The point is that the political debate was successfully recast away from the extreme position of Byron Dorgan, a member of the powerful Ways and Means Committee, who characterized junk bonds as the evil engine driving destructive hostile takeovers and lining the pockets of dealmakers, to a debate over the value of buyouts to the economy.

The campaign demonstrated that by changing the tax code Congress risked doing more harm than good. As one lawmaker observed about the proposed interest deduction cutback: "If you thought the problem was bad, wait till you see the solution."

It's not every day that Congress recognizes the error of its ways. At the end of the day, the evidence that the buyout firms assembled was sufficiently compelling to persuade lawmakers that buyouts were facilitating the much needed corporate restructuring that would improve U.S. competitiveness.

How does this relate to the transparency and disclosure debate confronting the private equity industry today? Well, this could very well become the second threat to unify the industry.

There is some risk that those agitating for common disclosure and valuation standards could unwittingly become the catalysts for those chilling words "Something needs to be done about..."

The ingredients are there for a politically-driven public relations problem: broad-based concerns about corporate governance, stories of wide-spread value destruction causing pain among pensioners, lack of sophistication about the private equity life cycle, and growing media pressure for disclosure that is fuelled, in part, by commercial interests that eagerly want to publish the information.

It is not too early to begin thinking about repositioning the transparency and valuation story.

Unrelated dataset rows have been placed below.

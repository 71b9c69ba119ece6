-- ===== src/Store/Replies.antt =====
-- `resolveReplyMetadata` of RoomsRepository in
-- roomsd/src/storage/repository.ts. The stored events were written by `commitMessage`; events
-- imported from an older store are left out. A deduplication key is a text.
use wardroom.Base.{
  ltb, String, Bool, true, false, ◌&&◌, ◌||◌, not, Option, none, some, if◌then◌else◌, is_some,
  ◌===◌, first, blank, byte_length,
}
use wardroom.Contracts.{
  Field, absent, text, other, Correlation, CanonicalMessageCommitInput, MessageEvent, Payload,
  message_sent, Change, ThreadLifecycle, ThreadState, resolved, opened, invalid_reply_to_event_id,
  invalid_reply_metadata, stale_reply, invalid_reply_parent, thread_already_resolved,
}
use wardroom.Store.{Database, M, ◌>>=◌, ◌>>◌, return, throw, throw_if, require, get}

abbrev pub same_text : Option String → Option String → Bool
same_text none none = true
same_text (some s) (some t) = s === t
same_text none (some _) = false
same_text (some _) none = false

-- `replyEventId`
unfoldable pub reply_event_id : Field → M (Option String)
reply_event_id absent = return none
reply_event_id other = throw invalid_reply_to_event_id
reply_event_id (text s) =
    if blank s || ltb 512 (byte_length s) then throw invalid_reply_to_event_id else return (some s)

abbrev pub field_of : Option String → Field
field_of none = absent
field_of (some s) = text s

abbrev pub legacy_reply : Option Correlation → Field
legacy_reply none = absent
legacy_reply (some c) = c.reply_to_event_id

-- The messages of the table of changes, with the column that they stand under.
abbrev pub message_of : Payload → Option MessageEvent
message_of (message_sent e) = some e
message_of _ = none

abbrev pub has_id : String → Option MessageEvent → Bool
has_id id none = false
has_id id (some e) = e.id === id

abbrev pub is_message : String → Change → Bool
is_message id c = has_id id (message_of c.payload)

abbrev event_in : Option Change → Option MessageEvent
event_in none = none
event_in (some c) = message_of c.payload

abbrev pub is_resolved : ThreadState → Bool
is_resolved resolved = true
is_resolved opened = false

abbrev pub thread_row : Database → String → Option ThreadLifecycle
thread_row db root = first (λ (t : ThreadLifecycle). t.thread_root_event_id === root) db.threads

abbrev pub resolved_row : Option ThreadLifecycle → Bool
resolved_row none = false
resolved_row (some t) = is_resolved t.state

abbrev pub or_else : Option String → Option String → Option String
or_else none t = t
or_else (some s) t = some s

abbrev pub get_or : Option String → String → String
get_or none d = d
get_or (some s) d = s

abbrev disagree : Option String → Option String → Bool
disagree (some s) (some t) = not (s === t)
disagree _ _ = false

pub record ReplyMetadata : Type 0 where
  pub reply_to_event_id : Option String
  pub thread_root_event_id : Option String
  pub correlation : Option Correlation

-- `{ ...(correlationRecord ?? {}), replyToEventId }`
abbrev with_reply : Option Correlation → String → Correlation
with_reply none id = record { deduplication_key = none; reply_to_event_id = text id; rest = "" }
with_reply (some c) id = record c { reply_to_event_id = text id }

-- The part of `resolveReplyMetadata` behind the lookup of the parent's row.
unfoldable pub reply_to_parent :
    Database → CanonicalMessageCommitInput → String → Option String → MessageEvent → M ReplyMetadata
reply_to_parent db input id column parent = do
  throw_if (not (same_text column input.channel_id)) stale_reply
  parent_reply ← reply_event_id (field_of parent.reply_to_event_id)
  parent_root ← reply_event_id (field_of parent.thread_root_event_id)
  throw_if (is_some parent_reply && not (is_some parent_root)) invalid_reply_parent
  let root = get_or parent_root id
  throw_if (resolved_row (thread_row db root)) thread_already_resolved
  return (record {
    reply_to_event_id = some id;
    thread_root_event_id = some root;
    correlation = some (with_reply input.correlation id);
  })

unfoldable pub reply_to : Database → CanonicalMessageCommitInput → Option String → M ReplyMetadata
reply_to db input none = return (record {
  reply_to_event_id = none;
  thread_root_event_id = none;
  correlation = input.correlation;
})
reply_to db input (some id) = do
  row ← require (first (is_message id) db.changes) stale_reply
  parent ← require (message_of row.payload) stale_reply
  reply_to_parent db input id row.channel_id parent

unfoldable pub resolve_reply_metadata : CanonicalMessageCommitInput → M ReplyMetadata
unfolding reply_to reply_to_parent
resolve_reply_metadata input = do
  db ← get
  canonical ← reply_event_id input.reply_to_event_id
  legacy ← reply_event_id (legacy_reply input.correlation)
  throw_if (disagree canonical legacy) invalid_reply_metadata
  reply_to db input (or_else canonical legacy)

Otherwise, we may have to face the consequences.

What are the key elements of this repositioning? It has to recognize that: 1) private equity firms already provide an enormous amount of information about portfolio company performance to their investors; 2) comparing private equity investments to public equities is deeply flawed; and 3) interim valuations are often very poor indicators of exit values.

Public confidence about what is in the corporate closet is at an all-time low. We can all agree on that. If this confidence isn't rebuilt, there will inevitably be more regulatory oversight. There are already signs of increased regulation in the private equity context-the new Patriot Act's provision on money laundering; new privacy rules; the SEC's investigation into hedge funds-all reflect incremental oversight.

The broad challenge is repositioning private equity itself. There needs to be more focus on equity and less on private. The essential difference between public and private equity is not a matter of privacy, but a matter of control. Perhaps we would be better off talking about "control equity" instead of "private equity."

Private equity is often a very messy matter. There's no such thing as a microwaveable solution. It's hard work. It's a commitment to the long-term. This needs to be more broadly understood.

This is not an argument for non-disclosure. It is more a plea that we need to start shifting the argument -not dissimilar to what happened during the interest deduction debate in the 1980s-to promote a better understanding of how the asset class really works. Otherwise, we should all be ready for those immortal words from inside the Beltway: "Something needs to be done about..."

The author, Thomas C. Franco, is the chairman and chief executive officer of Broadgate Consultants Inc., a firm that provides strategic counsel and specialized communications services to private equity sponsor firms and their portfolio companies, as well as other private equity market participants. He is also Chair, IR Practice, Public Relations Organisation International, Inc.